The format is based on Keep a Changelog, and this project adheres to Semantic Versioning.

0.5.0 - 2023-07-18

Fixed

  • Properly handling Ns in the MSA, and in the denovo sequences (see PR #60 and PR #61 for more details);

Changed

  • scikit-learn, numpy and pytest dependencies updated;
  • The KMeans algorithm used is now elkan;

0.4.0 - 2022-11-22

Added

  • make_prg update command, that updates PRGs without requiring to rebuild MSAs and the PRG itself from scratch;
  • Trace (-vv) logging level, to track make_prg behaviour (intended for developers only);
  • Multithreading support (-t parameter);
  • A sample example;
  • 365 new tests (from 116 to 481 total tests), with test coverage >99% in non-argument parsing code;
  • Precompiled binary;

Changed

  • make_prg from_msa: input can now be a single file or a directory. If it is a single file, a <prefix>.prg.bin, a <prefix>.prg.fa, a <prefix>.prg.gfa and a <prefix>.update_DS.zip files are created. If it is a directory, all files in the directory are scanned and the same execution for a single file is done for each input file found. The output files are a collection of the single-input execution: a <prefix>.prg.bin.zip file will contain a collection of .prg.bin files, similar to <prefix>.prg.gfa.zip and <prefix>.update_DS.zip; <prefix>.prg.fa will be a multi fasta;

  • Other make_prg from_msa CLI changes (please run make_prg from_msa -h for a full description of the new parameters):

    • Parameters removed: --prg_name, --seqid, --no_overwrite;
    • Parameters added: -s, --suffix, -F, --force, -t, --threads, -g, --output-graphs;
    • Parameters changed: Replaced --outdir by --output_prefix;
  • The recursive clustering and collapse algorithm is now explicitly represented as a tree with internal data structures that remember the multiple sequence subalignment at any point of the recursion, as well as several other internal data, allowing the serialization and deserialization of the recursion tree at any point. Thus updates can be done avoiding any recomputation by firstly saving the state of the recursion tree to disk, and then loading this recursion tree, adding denovo sequences to some specific nodes, and triggering recomputation of the modified nodes. Any preorder traversal of the recursion tree yields the same order of recursive calls of the previous algorithm, thus allowing us to translate the algorithms in the previous version as preorder traversals with custom visit operations.

  • Moved from setup.py to pyproject.toml

Fixed

  • Several minor bugs;
  • Heavy refactoring of almost the whole codebase;

Removed

  • Dropped support for python 3.7, supported python versions are: 3.8, 3.9, 3.10, 3.11.
  • Dropped support for Mac OS X;

0.2.0 - 2021-10-27

Added

  • New CLI:
    • -S, --seqid option to name the PRG sequence, which by default uses the file name.
    • -N shortcut for max nesting
    • -L shortcut for min match length
    • --log to enable specifying log file should go to path. Default behaviour is now that log goes to stderr by default
    • -O, --output-type option to specify what output files are required. Defaults to all
  • Integration test for nested variation

Removed

  • summary file

Changed

  • New CLI:
    • --prefix CLI parameter of from_msa subcommand removed in favor of CLI parameters --outdir and --prg_name, with sensible defaults (current working directory and MSA file name stem respectively).
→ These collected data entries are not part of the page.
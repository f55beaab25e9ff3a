-- ===== src/Lib.antt =====
-- Models of scan-patterns: the detector tables for Socket's baseline scanners, the generators that
-- derive them from pinned upstreams, and the loader that consumers call.
--
-- A generator reads one upstream slice, parses it into rows and writes data/sources/<name>.json.
-- Composition merges those row sets into the five tables under data/. The loader validates a table
-- and memoizes it.
--
-- Files, with the source of each (paths from the repository's root):
--   Prelude, Sorting, Text, TextSet, Regex: what the source uses of ECMAScript. Strings are lists of
--     UTF-16 code units; `toSorted` is a stable sort; `Set` and `Map` keep the order of insertion;
--     Regex runs a pattern by backtracking, and the patterns of the source are its values; Whole and
--     Forms are about what a pattern reads.
--   Failure: each `throw` as a value, with the parts of its message that vary.
--   Schema: src/types.mts.
--   Emit: scripts/repo/gen/_shared/emit-table.mts and the readers of scripts/repo/read-json.mts that
--     it calls. Emit/Order sortPatternRules, Emit/Unique assertRuleIdsUnique, Emit/Files the files.
--   Dialect: scripts/repo/gen/_shared/regex-dialect.mts, with its patterns written out as scanners.
--   Compose: scripts/repo/gen/compose-tables.mts.
--   Loader: src/load-table.mts and src/index.mts.
--   Upstream: scripts/repo/gen/_shared/upstream-slice.mts, where a license is looked up among the
--     members that every object inherits too, over a Host: what `path`, `fs` and the
--     path normalizer of the Socket library answer.
--   Gitleaks: scripts/repo/gen/import-gitleaks.mts; Gitleaks/Fields reads the fields of a
--     block, Lines and Blocks are about the kinds of lines and the blocks, Rows about the rows.
--   Json: the values that JSON.parse returns, and the narrowing readers of read-json.mts.
--   Divergence: scripts/repo/gen/_shared/divergence.mts.
--   UpstreamTree: scripts/repo/upstream-tree.mts.
--   AgentShield: scripts/repo/gen/import-agentshield.mts; Fields reads the headers, Ordinals and
--     Derived are about the ids.
--   Zizmor: scripts/repo/gen/port-zizmor-audits.mts; Docs reads the documentation, Rows and Triage are
--     about the rows and the checks against the status file, Prose about the summaries.
--   Codex: scripts/repo/gen/import-codex-security.mts; Headers is about the names that are parsed.
--   SkillSpector: scripts/repo/gen/import-skillspector.mts; Fields reads the Python source, Language is its language.mts, Modules about
--     the modules that are parsed.
--   Trivy: scripts/repo/gen/import-trivy-secrets.mts; Fields reads the Go source, Rows and Bodies are
--     about what is read.
--   NpmScan: the scan of the bytes that npm staged for a release. Ndjson is
--     scripts/fleet/registry/npm/scan/ndjson.mts (Lines is about the chunks, Protocol about the values
--     of the lines); Scan is run.mts beside it (Summary the policy on alerts, Polling and Deadline the
--     reads of a scan, Verdict what a passing scan gives to a receipt); Receipt is
--     scripts/fleet/npm/scan/receipt.mts (Source and Binding the logs of a publish run, Counts the
--     policy counts, Names the artifact names); Staged is staged.mts beside it (Run is runScanCi,
--     History its calls, Identity the configuration and the receipt, Build the environment and
--     Credentials the names that are kept out of it).
--   Canonical: .git-hooks/_shared/canonical/patch.mts (Patch, Sections) and replacements.mts (Hunk,
--     Replace, Located, Applied).
--   Push: .git-hooks/_shared/push/range.mts, and git of git.mts; Range is about the range.
--   PullRequest: .git-hooks/_shared/push/pr-commit-count.mts; Ready is about when it reports nothing.
--   Tests: runs, and each theorem at a concrete input.
--
-- Parameters. `locale_compare` is String.prototype.localeCompare by its sign; where a theorem needs
-- it to be a collation it says so (IsCollation), and the tests instantiate it by the order of code
-- units. `compiles` says whether `new RegExp(source, flags)` returns. `to_upper_case` is
-- String.prototype.toUpperCase. `require_json` is the module system's answer for a data file. A
-- Platform is JSON.parse, Buffer.byteLength and a TextDecoder; Utf8 the conversions of a Buffer; Reads
-- what the reads of a scan give, each by its number, and the clock behind it; Strings the case
-- mappings, Number of a text, and the names that modules outside the repository's files export.
-- ScanCiDeps answers each call of a scan run by the calls made before it, so that any behaviour of
-- git, npm and the Socket API is an instance. `spawn` is what a process leaves, a function of its
-- command: the repository stays as it is during one check. `to_number` is Number of a text, and
-- `parse_prs` what JSON.parse and Array.isArray make of the output of gh, of the type it is cast to.
--
-- Bounds. The run of leading flag groups is scanned with one unit of fuel for each code unit, and a
-- repetition of the pattern engine has one round for each code unit left and one more; a group, and a
-- round that counts, takes at least one. A search with the flag `g` has as many rounds as code
-- units and one more; its patterns never match the empty text. Polling a scan has fuel for its reads,
-- and 121 reads are enough where each waits for the poll interval. JSON numbers are natural numbers,
-- their negatives, or others; a count is safe up to 2 ^ 53 - 1, and comparisons are by exact value.
--
-- A generated file is the JSON value it holds, by its members: under data/sources by path, written
-- and read by the names of the members. The texts that JSON.stringify and JSON.parse exchange, their
-- bytes and their formatting are not modelled, nor are the creation of directories and the run log.
-- Numbers that a generator reads (entropy) are the digits of their literals. A table that the loader
-- reads has the types to which the loader narrows it.
--
-- Not modelled: processes, network and prompts (tokens, organizations, uploads, git and npm
-- themselves), the other git hooks and GitHub actions, the repository checks, and the bundle
-- scripts/repo/bootstrap/fleet.mjs, which is generated. Messages of errors and refusals are kept by
-- their parts, not as texts.
pub mod Prelude
pub mod Sorting
pub mod Text
pub mod Schema
pub mod Failure
pub mod TextSet
pub mod Emit
pub mod Dialect
pub mod Compose
pub mod Loader
pub mod PullRequest
pub mod Push
pub mod Regex
pub mod Upstream
pub mod Gitleaks
pub mod AgentShield
pub mod Zizmor
pub mod Trivy
pub mod UpstreamTree
pub mod Json
pub mod Divergence
pub mod Codex
pub mod SkillSpector
pub mod NpmScan
pub mod Canonical
mod Tests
This allows finer control over where to place output files.
  • Output files:
    • No longer contain 'max_nesting' and 'min_match_length' in their names; these appear in the log files, and in the .prg fasta header.
    • .bin file now stores even integer markers at site ends; this is the format used by gramtools.
    • Summary file not written by default

Fixed

  • Bugfix (#27)- Part 1: clustering termination was not properly detected, causing spurious site production
  • Bugfix (#27)- Part 2: added criteria for not clustering, to reduce construction of ambiguous graphs

0.1.1 - 2021-01-22

Added

  • Dockerfile
  • -V option to get version

Changed

  • A test that was clustering all unique 5-mers was reduced to all 4-mers as the memory usage of all 5-mers was causing a segfault when trying to run the tests during the docker image build.

Removed

  • Singularity file as it is redundant with the new Dockerfile (that will be hosted on quay.io)
  • scipy dependency. We never actually explicitly use scipy.

0.1.0 - 2021-01-20

Added

  • This CHANGELOG file to hopefully serve as an evolving example of a standardized open source project CHANGELOG.